Cloud Engineering Meets Cloud Research

The Cloud Case ⛅
Ever explained cloud services (AWS) to a new user? Fun times! We recently helped a research institute take their weather prediction models from "runs on a laptop" to "runs in the cloud like a charm", not only for them, but also for partner institutes. Here's how we turned their Python-powered forecasting models into a proper cloud solution, and what we learned along the way.
Making Heavy Models Become Friends with AWS
Picture this: brilliant researchers with powerful models that crunch massive amounts of weather data to predict droughts worldwide. Cool stuff, right? But this brings a fun data challenge – or rather, several:
Models (yes, plural) that need serious computing power (and we mean serious)
Enabling researchers with great expertise on climate modelling, and making sure they can focus on what they are good at, rather than having to wonder if Docker is a Pokémon or not
Code that needed to work both on a personal laptop and in the cloud
Recurring prediction runs with new data that had to happen... well, monthly
Multiple collaborators needing their slice of the data pie
Sharing Our Recipe
Here's the overview of what we built:
Github repo for forecasting code and infrastructure
Github Actions workflow for automated Docker build
ECR for keeping our Docker images neat and tidy
AWS S3 for data storage (because where else would you keep terabytes of data?)

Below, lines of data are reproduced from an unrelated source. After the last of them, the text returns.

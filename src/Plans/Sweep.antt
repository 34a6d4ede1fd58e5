-- ===== src/Plans/Sweep.antt =====
-- `sweepSessions` and `sweep`: what is removed from the data directory at an instant. The id of a plan
-- is the name of a file, so `planStagingDir` is the entry of the staging directory with that name.
use relkit.Prelude.{
  map, Bool, true, false, not, ◌&&◌, ◌||◌, Option, none, some, List, [], ◌∷◌, ◌++◌, ℤ, ◌-ℤ◌, Str,
  str, ◌==◌, ltb_ℤ, if◌then◌else◌, any, keep,
}
use relkit.Prelude.Text.{has_suffix, clean}
use relkit.Plans.{
  UpdatePlan, Session, SessionPhase, unspecified, waiting_for_exit, copying, committing,
  relaunching, needs_attention, completed, rolled_back, downloading, Entry, Disk, plan_ttl, as_time,
  id_of, listing,
}

-- `sessionLastSign`
unfoldable pub session_last_sign : Session → ℤ
session_last_sign sess = elim sess.heartbeat_at [ none ↦ as_time sess.started_at | some t ↦ t ]

unfoldable pub is_working : SessionPhase → Bool
is_working waiting_for_exit = true
is_working downloading = true
is_working copying = true
is_working committing = true
is_working relaunching = true
is_working unspecified = false
is_working needs_attention = false
is_working completed = false
is_working rolled_back = false

-- `sessionIsLive`
unfoldable pub session_is_live : Session → ℤ → Bool
session_is_live sess now = is_working sess.phase && ltb_ℤ (now -ℤ plan_ttl) (session_last_sign sess)

-- The sessions that were read, each with the name of its file.
unfoldable pub readable : Entry Session → Option Session → List (Str × Session)
readable e none = []
readable e (some sess) =
    if e.is_dir then [] else if has_suffix e.name (str ".pb") then (e.name, sess) ∷ [] else []

unfoldable pub read_sessions : List (Entry Session) → List (Str × Session)
read_sessions [] = []
read_sessions (e ∷ rest) = readable e e.content ++ read_sessions rest

unfoldable pub newer_of : Str × Session → Str × Session → Str × Session
newer_of best r = if ltb_ℤ (as_time best.1.started_at) (as_time r.1.started_at) then r else best

unfoldable pub newest_of : Option (Str × Session) → List (Str × Session) → Option (Str × Session)
newest_of best [] = best
newest_of none (r ∷ rest) = newest_of (some r) rest
newest_of (some best) (r ∷ rest) = newest_of (some (newer_of best r)) rest

unfoldable pub is_newest : Option (Str × Session) → Str → Bool
is_newest none name = false
is_newest (some r) name = r.0 == name

-- Whether the record of a finished session goes.
unfoldable pub session_goes : ℤ → Option (Str × Session) → Str × Session → Bool
session_goes now newest r =
    not (session_is_live r.1 now)
    && not (is_newest newest r.0)
    && ltb_ℤ plan_ttl (now -ℤ session_last_sign r.1)

unfoldable pub live_sessions : ℤ → List (Entry Session) → List Session
live_sessions now entries =
    map (λ r. r.1) (keep (λ r. session_is_live r.1 now) (read_sessions entries))

unfoldable pub sweep_sessions : ℤ → List (Entry Session) → List (Entry Session)
sweep_sessions now entries =
    let all = read_sessions entries in
    let gone = keep (session_goes now (newest_of none all)) all in
    keep (λ e. e.held || not (any (λ r. r.0 == e.name) gone)) entries

-- `planStagingDir`
unfoldable pub plan_staging_dir : Str → Str → Str
plan_staging_dir data_dir id = clean (data_dir ++ str "/staging/" ++ id)

-- Whether a live session has the plan, or its files.
unfoldable pub protects : Str → Str → Session → Bool
protects data_dir id sess =
    (sess.plan_id == id)
    || (not (sess.staged_root == [])
        && (clean sess.staged_root == clean (plan_staging_dir data_dir id)))

unfoldable pub is_protected : Str → List Session → Str → Bool
is_protected data_dir live id = any (protects data_dir id) live

-- What the loop over the plan records does with one entry: the record may go, the staged files may go,
-- and the id may be known.
pub record Verdict : Type 0 where
  pub drop_record : Bool
  pub drop_staged : Bool
  pub known : Bool

abbrev pub leave : Verdict
leave = record { drop_record = false; drop_staged = false; known = false }

abbrev pub spare : Verdict
spare = record { drop_record = false; drop_staged = false; known = true }

unfoldable pub judge_expiry : ℤ → Bool → Option ℤ → Verdict
judge_expiry now protected none = spare
judge_expiry now protected (some expiry) =
    if protected || ltb_ℤ now expiry
    then spare
    else let forgotten = ltb_ℤ plan_ttl (now -ℤ expiry) in
      record { drop_record = forgotten; drop_staged = true; known = not forgotten }

unfoldable pub judge_record : ℤ → Bool → Option UpdatePlan → Verdict
judge_record now protected none =
    if protected then leave else record { drop_record = true; drop_staged = false; known = false }
judge_record now protected (some plan) = judge_expiry now protected plan.expires_at

unfoldable pub judge_named : ℤ → (Str → Bool) → Option Str → Option UpdatePlan → Verdict
judge_named now protected none content = leave
judge_named now protected (some id) content = judge_record now (protected id) content

unfoldable pub judge : ℤ → (Str → Bool) → Entry UpdatePlan → Verdict
judge now protected e =
    if e.is_dir
    then leave
    else if has_suffix e.name (str ".tmp")
    then record {
      drop_record = ltb_ℤ plan_ttl (now -ℤ e.mod_time);
      drop_staged = false;
      known = false;
    }
    else judge_named now protected (id_of e.name) e.content

-- The ids of the entries whose verdict has a property.
unfoldable pub is_named : Str → Option Str → Bool
is_named id none = false
is_named id (some other) = other == id

unfoldable pub marked : (Entry UpdatePlan → Bool) → List (Entry UpdatePlan) → Str → Bool
marked p entries id = any (λ e. p e && is_named id (id_of e.name)) entries

unfoldable pub staged_goes : ℤ → (Str → Bool) → List (Entry UpdatePlan) → Str → Bool
staged_goes now protected entries id =
    marked (λ e. (judge now protected e).drop_staged) entries id
    || not (marked (λ e. (judge now protected e).known) entries id || protected id)

unfoldable pub swept_plans :
    ℤ → (Str → Bool) → Option (List (Entry UpdatePlan)) → Option (List (Entry UpdatePlan))
swept_plans now protected none = none
swept_plans now protected (some entries) =
    some (keep (λ e. e.held || not (judge now protected e).drop_record) entries)

unfoldable pub swept_staging :
    ℤ
    → (Str → Bool)
    → List (Entry UpdatePlan)
    → Option (List (Entry (Unit {0})))
    → Option (List (Entry (Unit {0})))
swept_staging now protected plans none = none
swept_staging now protected plans (some entries) =
    some (keep (λ e. e.held || not (staged_goes now protected plans e.name)) entries)

unfoldable pub swept_sessions : ℤ → Option (List (Entry Session)) → Option (List (Entry Session))
swept_sessions now none = none
swept_sessions now (some entries) = some (sweep_sessions now entries)

-- `sweep`
unfoldable pub protected_by : ℤ → Disk → Str → Bool
protected_by now disk id = is_protected disk.data_dir (live_sessions now (listing disk.sessions)) id

unfoldable pub sweep : ℤ → Disk → Disk
sweep now disk = record disk {
  plans = swept_plans now (protected_by now disk) disk.plans;
  staging = swept_staging now (protected_by now disk) (listing disk.plans) disk.staging;
  sessions = swept_sessions now disk.sessions;
}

AWS Batch with Fargate for running the heavy lifting
EventBridge for making sure everything runs on schedule
IAM to control the action (getting the rights you need and not more than you need)

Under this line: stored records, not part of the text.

-- ===== src/Plans/Spared.antt =====
-- What a live session uses outlives a sweep.
use mathlib.Core.List.{reverse}
use relkit.Prelude.{
  Bool, true, false, not, ◌&&◌, ◌||◌, Option, none, some, List, [], ◌∷◌, ◌++◌, ℤ, Str, str, ◌==◌,
  eq_of_==, ◌≡◌, inl, inr, refl, sym, ◌∙◌, ap, subst, In, here, there, In-cons, In-keep, any-In,
  In-any, arith, Bool-cases, false≢true, if◌then◌else◌, any, keep, map,
}
use relkit.Prelude.Text.{has_prefix, has_suffix}
use relkit.Plans.{UpdatePlan, Session, Entry, Disk, id_of, listing}
use relkit.Plans.Sweep.{
  leave, session_is_live, readable, read_sessions, live_sessions, protects, is_protected,
  protected_by, judge_expiry, judge_record, judge_named, judge, is_named, marked, staged_goes,
  swept_plans, swept_staging, sweep,
}

-- A session record that can be read and that is at work.
pub record IsLive (now : ℤ) (disk : Disk) (sess : Session) : Type 0 where
  pub entry : Entry Session
  pub is_listed : In entry (listing disk.sessions)
  pub is_file : entry.is_dir ≡ false
  pub is_record : has_suffix entry.name (str ".pb") ≡ true
  pub reads : entry.content ≡ some sess
  pub is_alive : session_is_live sess now ≡ true

readable-In :
    (e : Entry Session) (sess : Session) (rest : List (Str × Session))
    → e.is_dir ≡ false
    → has_suffix e.name (str ".pb") ≡ true
    → In (e.name, sess) (readable e (some sess) ++ rest)
unfolding readable
readable-In e sess rest d r = rw (d, r, readable) (here refl)

In-append_right : {A : Type 0} {a : A} (xs ys : List A) → In a ys → In a (xs ++ ys)
In-append_right [] ys i = i
In-append_right (x ∷ xs) ys i = there (In-append_right xs ys i)

read_sessions-In :
    (entries : List (Entry Session)) (e : Entry Session) (sess : Session)
    → In e entries
    → e.is_dir ≡ false
    → has_suffix e.name (str ".pb") ≡ true
    → e.content ≡ some sess
    → In (e.name, sess) (read_sessions entries)
unfolding read_sessions
read_sessions-In [] e sess i d r c = elim i [ ]
read_sessions-In (x ∷ rest) e sess i d r c = elim (In-cons i) [
  | inl p ↦
      subst (λ y. In (e.name, sess) (readable y y.content ++ read_sessions rest)) p
        (subst (λ o. In (e.name, sess) (readable e o ++ read_sessions rest)) (sym c)
          (readable-In e sess (read_sessions rest) d r))
  | inr j ↦ In-append_right (readable x x.content) _ (read_sessions-In rest e sess j d r c)
]

map-In : {A B : Type 0} {a : A} (f : A → B) (xs : List A) → In a xs → In (f a) (map f xs)
map-In f [] i = elim i [ ]
map-In f (x ∷ xs) i = elim (In-cons i) [ inl e ↦ here (ap f e) | inr j ↦ there (map-In f xs j) ]

live_sessions-In :
    (now : ℤ) (disk : Disk) (sess : Session)
    → IsLive now disk sess
    → In sess (live_sessions now (listing disk.sessions))
unfolding live_sessions
live_sessions-In now disk sess l =
    map-In (λ r. r.1) _
      (In-keep (λ r. session_is_live r.1 now) _
        (read_sessions-In (listing disk.sessions) l.entry sess l.is_listed l.is_file l.is_record
          l.reads)
        l.is_alive)

pub protected_by-live :
    (now : ℤ) (disk : Disk) (sess : Session) (id : Str)
    → IsLive now disk sess
    → protects disk.data_dir id sess ≡ true
    → protected_by now disk id ≡ true
unfolding protected_by is_protected
protected_by-live now disk sess id l p =
    In-any (protects disk.data_dir id) _ (live_sessions-In now disk sess l) p

module _ (now : ℤ) where
  judge_expiry-protected :
      (o : Option ℤ)
      → ((judge_expiry now true o).drop_staged ≡ false)
        × ((judge_expiry now true o).drop_record ≡ false)
  unfolding judge_expiry
  judge_expiry-protected none = (refl, refl)
  judge_expiry-protected (some t) = (refl, refl)

  judge_record-protected :
      (o : Option UpdatePlan)
      → ((judge_record now true o).drop_staged ≡ false)
        × ((judge_record now true o).drop_record ≡ false)
  unfolding judge_record
  judge_record-protected none = (refl, refl)
  judge_record-protected (some p) = judge_expiry-protected p.expires_at

  -- A plan's record is no temporary file.
  pb_or_tmp :
      (name : Str) → has_suffix name (str ".pb") ≡ true → has_suffix name (str ".tmp") ≡ false
  unfolding has_suffix
  pb_or_tmp name e = first_byte (reverse name) e
    where
      first_byte :
          (s : Str)
          → has_prefix s (reverse (str ".pb")) ≡ true
          → has_prefix s (reverse (str ".tmp")) ≡ false
      first_byte [] h = absurd (false≢true h)
      first_byte (c ∷ s) h = ground arith

  id_of-has_suffix :
      (name : Str) {id : Str} → id_of name ≡ some id → has_suffix name (str ".pb") ≡ true
  unfolding id_of
  id_of-has_suffix name {id} e = elim (Bool-cases (has_suffix name (str ".pb"))) [
    | inl h ↦ h
    | inr h ↦ absurd (none_is_some (rw (h, id_of) at e))
  ]
    where
      none_is_some : ◌≡◌ {A = Option Str} none (some id) → ⊥
      none_is_some p = cc

  judge-protected :
      (protected : Str → Bool) (e : Entry UpdatePlan) (id : Str)
      → id_of e.name ≡ some id
      → protected id ≡ true
      → ((judge now protected e).drop_staged ≡ false)
        × ((judge now protected e).drop_record ≡ false)
  unfolding judge judge_named
  judge-protected protected e id n p =
      rw (pb_or_tmp e.name (id_of-has_suffix e.name n), n, p) (either e.is_dir)
    where
      either :
          (b : Bool)
          → ((if b then leave else judge_record now true e.content).drop_staged ≡ false)
            × ((if b then leave else judge_record now true e.content).drop_record ≡ false)
      either true = (refl, refl)
      either false = judge_record-protected e.content

  is_named-some : (id : Str) (o : Option Str) → is_named id o ≡ true → o ≡ some id
  unfolding is_named
  is_named-some id none e = absurd (false≢true e)
  is_named-some id (some x) e = ap some (eq_of_== x id e)

  staged_goes-protected :
      (protected : Str → Bool) (entries : List (Entry UpdatePlan)) (id : Str)
      → protected id ≡ true
      → staged_goes now protected entries id ≡ false
  unfolding staged_goes marked
  staged_goes-protected protected entries id p =
      rw (p, unmarked)
        (known (any (λ e. (judge now protected e).known && is_named id (id_of e.name)) entries))
    where
      known : (b : Bool) → (false || not (b || true)) ≡ false
      known true = refl
      known false = refl

      both : (a b : Bool) → (a && b) ≡ true → (a ≡ true) × (b ≡ true)
      both true true e = (refl, refl)
      both true false e = absurd (false≢true e)
      both false b e = absurd (false≢true e)

      unmarked :
          any (λ e. (judge now protected e).drop_staged && is_named id (id_of e.name)) entries
          ≡ false
      unmarked =
          elim (Bool-cases (
            any (λ e. (judge now protected e).drop_staged && is_named id (id_of e.name)) entries)) [
              | inl found ↦
                  let (e, i, h) =
                    any-In (λ e. (judge now protected e).drop_staged && is_named id (id_of e.name))
                      entries found in
                  let (d, n) = both _ _ h in
                  absurd (
                    false≢true (
                      sym (judge-protected protected e id (is_named-some id (id_of e.name) n) p).0
                      ∙ d))
              | inr absent ↦ absent
            ]

keep-keep :
    {A : Type 0} (p q : A → Bool) (xs : List A)
    → ((x : A) → p x ≡ true → q x ≡ true)
    → keep p (keep q xs) ≡ keep p xs
keep-keep p q [] h = refl
keep-keep p q (x ∷ xs) h = elim (Bool-cases (p x)) [
  | inl a ↦ rw (h x a, a) (ap (λ ys. x ∷ ys) (keep-keep p q xs h))
  | inr a ↦ elim (Bool-cases (q x)) [
    | inl b ↦ rw (b, a) (keep-keep p q xs h)
    | inr b ↦ rw (b, a) (keep-keep p q xs h)
  ]
]

or_true : (b : Bool) → (b || true) ≡ true
or_true true = refl
or_true false = refl

-- The records and the staged files with an id.
abbrev pub records_of : Str → Disk → List (Entry UpdatePlan)
records_of id disk = keep (λ e. is_named id (id_of e.name)) (listing disk.plans)

abbrev pub staged_of : Str → Disk → List (Entry (Unit {0}))
staged_of id disk = keep (λ e. e.name == id) (listing disk.staging)

records_stay :
    (now : ℤ) (protected : Str → Bool) (o : Option (List (Entry UpdatePlan))) (id : Str)
    → protected id ≡ true
    → keep (λ e. is_named id (id_of e.name)) (listing (swept_plans now protected o))
      ≡ keep (λ e. is_named id (id_of e.name)) (listing o)
unfolding swept_plans
records_stay now protected none id p = refl
records_stay now protected (some entries) id p =
    keep-keep _ (λ e. e.held || not (judge now protected e).drop_record) entries
      (λ e n.
        rw (judge-protected now protected e id (is_named-some now id (id_of e.name) n) p).1
          (or_true e.held))

staged_stay :
    (now : ℤ) (protected : Str → Bool) (plans : List (Entry UpdatePlan))
    (o : Option (List (Entry (Unit {0})))) (id : Str)
    → protected id ≡ true
    → keep (λ e. e.name == id) (listing (swept_staging now protected plans o))
      ≡ keep (λ e. e.name == id) (listing o)
unfolding swept_staging
staged_stay now protected plans none id p = refl
staged_stay now protected plans (some entries) id p =
    keep-keep _ (λ e. e.held || not (staged_goes now protected plans e.name)) entries
      (λ e n.
        rw
          (staged_goes-protected now protected plans e.name
            (ap protected (eq_of_== e.name id n) ∙ p))
          (or_true e.held))

-- If a session whose record can be read is live, a sweep keeps every plan record and every
-- staging entry with an id that the session has as its plan or as the place of its staged files.
pub sweep-spares :
    (now : ℤ) (disk : Disk) (sess : Session) (id : Str)
    → IsLive now disk sess
    → protects disk.data_dir id sess ≡ true
    → (records_of id (sweep now disk) ≡ records_of id disk)
      × (staged_of id (sweep now disk) ≡ staged_of id disk)
unfolding sweep
sweep-spares now disk sess id l p =
    let saved = protected_by-live now disk sess id l p in
    (
      records_stay now (protected_by now disk) disk.plans id saved,
      staged_stay now (protected_by now disk) (listing disk.plans) disk.staging id saved,
    )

The secret ingredient to all this? Infrastructure as Code in Terraform, making sure our infrastructure stays as neat and tidy as our code - version controlled and reproducible.
Less is More
The initial brilliant and cool idea was to run multiple weather models in parallel to make things faster. Then we reconsidered: predictions run once a month… Keep it simple! Running in series had little drawbacks (shorter runtime was not a priority, we schedule it to run overnight anyway). However, this reduced the complexity of the solution, leading to: reduced (overhead) cost, less points of failure and easier maintenance/troubleshooting. Sometimes the best engineering decision is deciding what not to engineer.
What We Learned
1. Good Code = Happy Cloud
Before even thinking about AWS, we rolled up our sleeves and invested time to make the codebase cloud-proof. Clean code is like a good foundation, making the cloud engineering much easier – boring but essential.

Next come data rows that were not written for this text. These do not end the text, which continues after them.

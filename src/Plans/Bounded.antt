-- ===== src/Plans/Bounded.antt =====
-- Why staged files outlive a sweep.
use relkit.Prelude.{
  eq_of_==, ap, ◌-ℤ◌, Bool, true, false, not, ◌&&◌, ◌||◌, Option, none, some, List, ℤ, Str, str,
  ◌≡◌, inl, inr, refl, sym, ◌∙◌, In, keep-In, any-In, any-false, arith, ltb_ℤ, Bool-cases,
  false≢true, if◌then◌else◌, any,
}
use relkit.Prelude.Text.{has_suffix}
use relkit.Plans.{UpdatePlan, Entry, Disk, plan_ttl, id_of, listing}
use relkit.Plans.Sweep.{
  protected_by, Verdict, judge_expiry, judge_record, judge_named, judge, is_named, marked,
  staged_goes, swept_staging, sweep, leave,
}

-- The plan of a record did not expire.
pub data IsUnexpired (now : ℤ) (plan : UpdatePlan) : Type 0 where
  endless : plan.expires_at ≡ none → IsUnexpired now plan
  later : (t : ℤ) → plan.expires_at ≡ some t → ltb_ℤ now t ≡ true → IsUnexpired now plan

-- The system refuses to remove the entry, a live session protects the id, or a stored plan with the id
-- did not expire.
pub data IsKept (now : ℤ) (disk : Disk) (e : Entry (Unit {0})) : Type 0 where
  unmovable : e.held ≡ true → IsKept now disk e
  in_use : protected_by now disk e.name ≡ true → IsKept now disk e
  planned :
      (f : Entry UpdatePlan) (plan : UpdatePlan)
      → In f (listing disk.plans)
      → id_of f.name ≡ some e.name
      → f.content ≡ some plan
      → IsUnexpired now plan
      → IsKept now disk e

expiry_known :
    (now : ℤ) (plan : UpdatePlan) (o : Option ℤ)
    → plan.expires_at ≡ o
    → (judge_expiry now false o).known ≡ true
    → (judge_expiry now false o).drop_staged ≡ false
    → IsUnexpired now plan
unfolding judge_expiry
expiry_known now plan none e k d = endless e
expiry_known now plan (some t) e k d = elim (Bool-cases (ltb_ℤ now t)) [
  | inl h ↦ later t e h
  | inr h ↦ absurd (false≢true (sym d ∙ dropped h))
]
  where
    dropped : ltb_ℤ now t ≡ false → (judge_expiry now false (some t)).drop_staged ≡ true
    dropped h = rw (h, judge_expiry) refl

record_known :
    (now : ℤ) (o : Option UpdatePlan)
    → (judge_record now false o).known ≡ true
    → (judge_record now false o).drop_staged ≡ false
    → (plan : UpdatePlan) × (o ≡ some plan) × IsUnexpired now plan
unfolding judge_record
record_known now none k d = absurd (false≢true k)
record_known now (some plan) k d = (plan, refl, expiry_known now plan plan.expires_at refl k d)

named_known :
    (now : ℤ) (protected : Str → Bool) (o : Option Str) (content : Option UpdatePlan) (id : Str)
    → o ≡ some id
    → protected id ≡ false
    → (judge_named now protected o content).known ≡ true
    → (judge_named now protected o content).drop_staged ≡ false
    → (plan : UpdatePlan) × (content ≡ some plan) × IsUnexpired now plan
unfolding judge_named
named_known now protected o content id e p k d =
    record_known now content (rw (e, p, judge_named) at k) (rw (e, p, judge_named) at d)

judge_known :
    (now : ℤ) (protected : Str → Bool) (f : Entry UpdatePlan) (id : Str)
    → id_of f.name ≡ some id
    → protected id ≡ false
    → (judge now protected f).known ≡ true
    → (judge now protected f).drop_staged ≡ false
    → (plan : UpdatePlan) × (f.content ≡ some plan) × IsUnexpired now plan
unfolding judge
judge_known now protected f id n p k d = go f.is_dir (has_suffix f.name (str ".tmp")) k d
  where
    other : Verdict
    other = record {
      drop_record = ltb_ℤ plan_ttl (now -ℤ f.mod_time);
      drop_staged = false;
      known = false;
    }

    go :
        (a b : Bool)
        → (if a
            then leave
            else if b
            then other
            else judge_named now protected (id_of f.name) f.content).known
          ≡ true
        → (if a
            then leave
            else if b
            then other
            else judge_named now protected (id_of f.name) f.content).drop_staged
          ≡ false
        → (plan : UpdatePlan) × (f.content ≡ some plan) × IsUnexpired now plan
    go true b x y = absurd (false≢true x)
    go false true x y = absurd (false≢true x)
    go false false x y = named_known now protected (id_of f.name) f.content id n p x y

is_named-some : (id : Str) (o : Option Str) → is_named id o ≡ true → o ≡ some id
unfolding is_named
is_named-some id none e = absurd (false≢true e)
is_named-some id (some x) e = ap some (eq_of_== x id e)

both : (a b : Bool) → (a && b) ≡ true → (a ≡ true) × (b ≡ true)
both true true e = (refl, refl)
both true false e = absurd (false≢true e)
both false b e = absurd (false≢true e)

-- Staged files that no rule removes belong to a protected or an unexpired plan.
stays_for :
    (now : ℤ) (disk : Disk) (e : Entry (Unit {0}))
    → staged_goes now (protected_by now disk) (listing disk.plans) e.name ≡ false
    → IsKept now disk e
unfolding staged_goes marked
stays_for now disk e h = elim (Bool-cases (protected_by now disk e.name)) [
  | inl p ↦ in_use p
  | inr p ↦
      let (undropped, known) = split (marked_drop) (marked_known) (rw p at h) in
      let (f, i, w) = any-In _ (listing disk.plans) known in
      let (k, n) = both _ _ w in
      let named = is_named-some e.name (id_of f.name) n in
      let (plan, c, u) =
        judge_known now (protected_by now disk) f e.name named p k
          (not_dropped f n (any-false _ (listing disk.plans) undropped i)) in
      planned f plan i named c u
]
  where
    marked_drop : Bool
    marked_drop =
        any
          (λ f. (judge now (protected_by now disk) f).drop_staged && is_named e.name (id_of f.name))
          (listing disk.plans)

    marked_known : Bool
    marked_known =
        any (λ f. (judge now (protected_by now disk) f).known && is_named e.name (id_of f.name))
          (listing disk.plans)

    split : (a b : Bool) → (a || not (b || false)) ≡ false → (a ≡ false) × (b ≡ true)
    split true b x = absurd (false≢true (sym x))
    split false true x = (refl, refl)
    split false false x = absurd (false≢true (sym x))

    not_dropped :
        (f : Entry UpdatePlan)
        → is_named e.name (id_of f.name) ≡ true
        → ((judge now (protected_by now disk) f).drop_staged && is_named e.name (id_of f.name))
          ≡ false
        → (judge now (protected_by now disk) f).drop_staged ≡ false
    not_dropped f n x = ground (arith, n, x)

-- Each staging entry that is left after a sweep cannot be removed, or is protected by a live
-- session, or has the id of a stored plan that can be read and that did not expire.
pub sweep-IsKept :
    (now : ℤ) (disk : Disk) (e : Entry (Unit {0}))
    → In e (listing (sweep now disk).staging)
    → IsKept now disk e
unfolding sweep swept_staging
sweep-IsKept now disk e i = from disk.staging i
  where
    reason :
        (a b : Bool)
        → e.held ≡ a
        → staged_goes now (protected_by now disk) (listing disk.plans) e.name ≡ b
        → (a || not b) ≡ true
        → IsKept now disk e
    reason true b h g x = unmovable h
    reason false true h g x = absurd (false≢true x)
    reason false false h g x = stays_for now disk e g

    from :
        (o : Option (List (Entry (Unit {0}))))
        → In e (listing (swept_staging now (protected_by now disk) (listing disk.plans) o))
        → IsKept now disk e
    from none j = elim j [ ]
    from (some entries) j =
        reason e.held (staged_goes now (protected_by now disk) (listing disk.plans) e.name) refl
          refl (keep-In _ entries j).1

2. Simplicity Wins Every Time
Could we have made it more complex? Sure! Would it have helped? Nope. Sometimes the best solution is the one that's easiest to explain to someone else at 3 AM.
3. Terraform is Your Friend
Yes, writing infrastructure as code (IaC) takes time. No, you won't regret it when you need to hand things over or have to change something six months later.
4. Testing Isn't Optional
We made it super easy to test everything, and monitor the processes, everywhere. Because we love an efficient development workflow and we rather skip long troubleshooting in production.
5. CI/CD for the win
Setting up proper CI/CD pipelines from day one meant our code went from commit to cloud without breaking a sweat (automating testing, containerisation and deployment). There's nothing better than knowing exactly which commit predicted today’s weather.
The Happy End
The result? A system that:
Runs like clockwork (monthly, to be precise)
Makes researchers happy (they can focus on science!)
Delivers results reliably (no more "did it run?" messages)
Can be fixed easily when things go wrong (because they inevitably will)
What's Next?
We could add fancy dashboards, more automation, or performance tweaks. But first, we'll let the researchers play with their new toy and tell us what they actually need. Because sometimes the best feature is the one you don't build.
TL;DR (Too Long; Didn’t Read)
Start with good code – it makes everything else easier
Keep it simple – complexity is the enemy of reliability
Use infrastructure as code – your future self will thank you
Make it testable – because everyone hates surprises in production
Listen to your users – sometimes they need less than you think
Remember: the best cloud solution isn't always the most sophisticated one – it's the one that gets the job done while letting everyone sleep at night (or day). 🌤